The cancel culture essentially seeks to block speech. That is not a good idea, certainly not one that our founders would have found either desirable or consistent with their understanding of freedom. For the Founders, freedom of speech was central to the pursuit of truth. Silence a person and you silence an idea. Silence an idea and you truncate the process by which truth-finding is debated, sustained, refuted, and dissected.

Having long ago found free speech salutary, I have determined that cancel culture must be opposed. If you want to protest the conservative bakers who choose not to make a pastry that supports a lifestyle they find morally and religiously repugnant, then do not be surprised if I swing by to buy a dozen of their doughnuts, particularly if they care about the traditional values that underpin the virtue necessary to sustain our republic. My standard is clear. I defend free speech and the expression thereof, particularly that of people who are unwilling to lie down and be walked on by cancel culture crybabies.

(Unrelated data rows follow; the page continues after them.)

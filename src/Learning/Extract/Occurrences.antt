-- ===== src/Learning/Extract/Occurrences.antt =====
-- The loops of `ExtractSpans`, and what they count: the occurrences of a key, described on its own.
use mathlib.Core.Path.{subst}
use enzo.Prelude.{
  same_bytes, ℕ, zero, suc, ◌+◌, ◌-◌, ◌<◌, ◌≤◌, ◌≡◌, refl, sym, ap, ◌∙◌, true, false, Bool-cases,
  inl, inr, List, [], ◌∷◌, ◌++◌, ◌&&◌, arith, Bytes, length, take, drop, ◌==◌, ltb, leb,
  if◌then◌else◌, has_prefix, length-take, length-drop, drop-drop, drop_of_length-le, Shuffle,
}
use enzo.State.Agreement.{SpanObservation}
use enzo.Learning.Extract.{
  PacketContext, Round, between, rounds_b, rounds_a, rounds, observe_rounds, extract_spans,
}
use enzo.Learning.Extract.Counted.{find, Counted, times, observe_rounds-Counted}
use enzo.Learning.Extract.Keys.{observe_rounds-Differ, find-Shuffle}

-- How often a byte is in a string.
abbrev pub count : ℕ → Bytes → ℕ
count c [] = 0
count c (b ∷ s) = (if b == c then 1 else 0) + count c s

-- How often `a` stands in a string, with a byte at least and then `c` behind it.
abbrev pub occurrences : Bytes → ℕ → Bytes → ℕ
occurrences a c [] = 0
occurrences a c (b ∷ s) =
    (if has_prefix (b ∷ s) a then count c (drop (length a) s) else 0) + occurrences a c s

times-append :
    (a z : Bytes) (rs ss : List Round) → times a z (rs ++ ss) ≡ times a z rs + times a z ss
times-append a z [] ss = omega arith
times-append a z (r ∷ rs) ss = omega (arith, times-append a z rs ss)

same_bytes-take :
    (n : ℕ) (s a : Bytes)
    → n ≤ length s
    → same_bytes a (take n s) ≡ (n == length a && has_prefix s a)
unfolding has_prefix
same_bytes-take zero s [] h = refl
same_bytes-take zero s (c ∷ a) h = ground arith
same_bytes-take (suc n) [] a h = absurd (omega arith)
same_bytes-take (suc n) (b ∷ s) [] h = ground arith
same_bytes-take (suc n) (b ∷ s) (c ∷ a) h = ground (arith, same_bytes-take n s a (omega arith))

drop-head : (n : ℕ) (s : Bytes) → n < length s → (b : ℕ) × (drop n s ≡ b ∷ drop (suc n) s)
drop-head n [] h = absurd (omega arith)
drop-head zero (b ∷ s) h = (b, refl)
drop-head (suc n) (b ∷ s) h = drop-head n s (omega arith)

length-between :
    (b : Bytes) (i j : ℕ) → i < j → j ≤ length b → (length (between b i j) == 0) ≡ false
length-between b i j h h' = ground (arith, length-take (j - i) (drop i b), length-drop i b)

-- The first byte of what is left is the constant behind the lane.
times-rounds_b :
    (b a : Bytes) (c i i_a left i_b : ℕ)
    → i < i_a
    → i_a < i_b
    → i_b + left ≡ length b
    → times a (c ∷ []) (rounds_b b i i_a left i_b)
      ≡ (if same_bytes a (between b i i_a) then count c (drop i_b b) else 0)
unfolding rounds_b
times-rounds_b b a c i i_a zero i_b h h' h'' =
    let done : drop i_b b ≡ [] = drop_of_length-le i_b b (omega arith) in ground (arith, done)
times-rounds_b b a c i i_a (suc left) i_b h h' h'' =
    let (x, at) = drop-head i_b b (omega arith) in
    let rest = times-rounds_b b a c i i_a left (suc i_b) h (omega arith) (omega arith) in
    let inside : ltb (length b) (i_b + 1) ≡ false = ground arith in
    let one : i_b + 1 - i_b ≡ 1 = omega arith in
    let cut : between b i_b (i_b + 1) ≡ x ∷ [] = rw (one, at) refl in
    ground (
      arith,
      inside,
      length-between b i i_a h (omega arith),
      length-between b i_a i_b h' (omega arith),
      cut,
      at,
      rest,
    )

-- From `iA` on, the one round where `iA` is at the end of the constant.
abbrev ahead : Bytes → Bytes → ℕ → ℕ → ℕ → ℕ
ahead b a c i i_a =
    if leb i_a (i + length a) && has_prefix (drop i b) a
    then count c (drop (i + length a + 1) b)
    else 0

ahead-step :
    (b a : Bytes) (c i i_a : ℕ)
    → i < i_a
    → i_a < length b
    → (if same_bytes a (between b i i_a) then count c (drop (i_a + 1) b) else 0)
        + ahead b a c i (suc i_a)
      ≡ ahead b a c i i_a
ahead-step b a c i i_a h h' =
    let s : same_bytes a (between b i i_a) ≡ ((i_a - i) == length a && has_prefix (drop i b) a) =
      same_bytes-take (i_a - i) (drop i b) a (omega (arith, length-drop i b)) in
    elim (Bool-cases ((i_a - i) == length a)) [
      | inl here ↦
          let e : i_a ≡ i + length a = ground (arith, here) in
          let behind : leb (suc i_a) (i + length a) ≡ false = ground (arith, e) in
          let now : leb i_a (i + length a) ≡ true = ground (arith, e) in
          let d : drop (i_a + 1) b ≡ drop (i + length a + 1) b = ap (λ n. drop (n + 1) b) e in
          ground (arith, s, here, behind, now, d)
      | inr other ↦
          let same : leb (suc i_a) (i + length a) ≡ leb i_a (i + length a) =
            ground (arith, other) in
          ground (arith, s, other, same)
    ]

times-rounds_a :
    (b a : Bytes) (c i left i_a : ℕ)
    → i < i_a
    → left ≡ length b - 1 - i_a
    → times a (c ∷ []) (rounds_a b i left i_a) ≡ ahead b a c i i_a
unfolding rounds_a
times-rounds_a b a c i zero i_a h h' = elim (Bool-cases (leb i_a (i + length a))) [
  | inl here ↦
      let done : drop (i + length a + 1) b ≡ [] =
        drop_of_length-le (i + length a + 1) b (ground (arith, here)) in
      ground (arith, done)
  | inr past ↦ ground (arith, past)
]
times-rounds_a b a c i (suc left) i_a h h' = omega (
  arith,
  times-append a (c ∷ []) (rounds_b b i i_a (length b - (i_a + 1)) (i_a + 1))
      (rounds_a b i left (suc i_a)),
  times-rounds_b b a c i i_a (length b - (i_a + 1)) (i_a + 1) h (omega arith) (omega arith),
  times-rounds_a b a c i left (suc i_a) (omega arith) (omega arith),
  ahead-step b a c i i_a h (omega arith),
)

times-rounds :
    (b a : Bytes) (c left i : ℕ)
    → 0 < length a
    → i + left ≡ length b
    → times a (c ∷ []) (rounds b left i) ≡ occurrences a c (drop i b)
unfolding rounds
times-rounds b a c zero i h h' =
    let done : drop i b ≡ [] = drop_of_length-le i b (omega arith) in rw done refl
times-rounds b a c (suc left) i h h' =
    let (x, at) = drop-head i b (omega arith) in
    let now : leb (i + 1) (i + length a) ≡ true = ground arith in
    let behind : drop (i + length a + 1) b ≡ drop (length a) (drop (suc i) b) =
      ap (λ n. drop n b) (omega arith) ∙ sym (drop-drop (suc i) (length a) b) in
    ground (
      arith,
      now,
      behind,
      at,
      times-append a (c ∷ []) (rounds_a b i (length b - 1 - (i + 1)) (i + 1))
          (rounds b left (suc i)),
      times-rounds_a b a c i (length b - 1 - (i + 1)) (i + 1) (omega arith) refl,
      times-rounds b a c left (suc i) h (omega arith),
    )

-- In whatever order the range visits the map: `ExtractSpans` of a packet returns an observation for a
-- constant `a` that is not empty and a byte `c` exactly where `a` stands in the packet with a lane of a
-- byte at least and then `c` behind it, and `IntraHits` is the number of these occurrences, overlapping
-- ones included, in 16 bits.
pub extract_spans-occurrences :
    (order : List SpanObservation → List SpanObservation) (ctx : PacketContext) (a : Bytes) (c : ℕ)
    → ((obs : List SpanObservation) → Shuffle (order obs) obs)
    → 0 < length a
    → Counted (occurrences a c ctx.packet_bytes) (find a (c ∷ []) (extract_spans order ctx))
unfolding extract_spans
extract_spans-occurrences order ctx a c shuffles h =
    let b : Bytes = ctx.packet_bytes in
    let obs : List SpanObservation = observe_rounds ctx.packet_offset (rounds b (length b) 0) [] in
    let counted : Counted (times a (c ∷ []) (rounds b (length b) 0)) (find a (c ∷ []) obs) =
      subst (λ n. Counted n (find a (c ∷ []) obs)) (omega arith)
        (observe_rounds-Counted a (c ∷ []) ctx.packet_offset 0 (rounds b (length b) 0) [] refl) in
    let same : find a (c ∷ []) (order obs) ≡ find a (c ∷ []) obs =
      find-Shuffle a (c ∷ []) (shuffles obs)
        (observe_rounds-Differ ctx.packet_offset (rounds b (length b) 0) [] tt) in
    elim (Bool-cases (length b == 0)) [
      | inl empty_ ↦
          let done : b ≡ [] = drop_of_length-le 0 b (ground (arith, empty_)) in
          rw (extract_spans, empty_) (ap (occurrences a c) done)
      | inr some_ ↦
          rw (extract_spans, some_, same, ← times-rounds b a c (length b) 0 h (omega arith)) counted
    ]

That said, I am just fine with not patronizing businesses and groups that I believe are advocating for policies and actions that tear at the fabric of our nation. For example, long ago I decided not to patron businesses that opposed the Boy Scouts of America. My decision had nothing to do with their speech, but rather their actions. I did not publicly call on others to follow my lead. I was quite satisfied to quietly register my disapproval by not placing my money in their register. I frankly could care less what they say. But what they do will get my response.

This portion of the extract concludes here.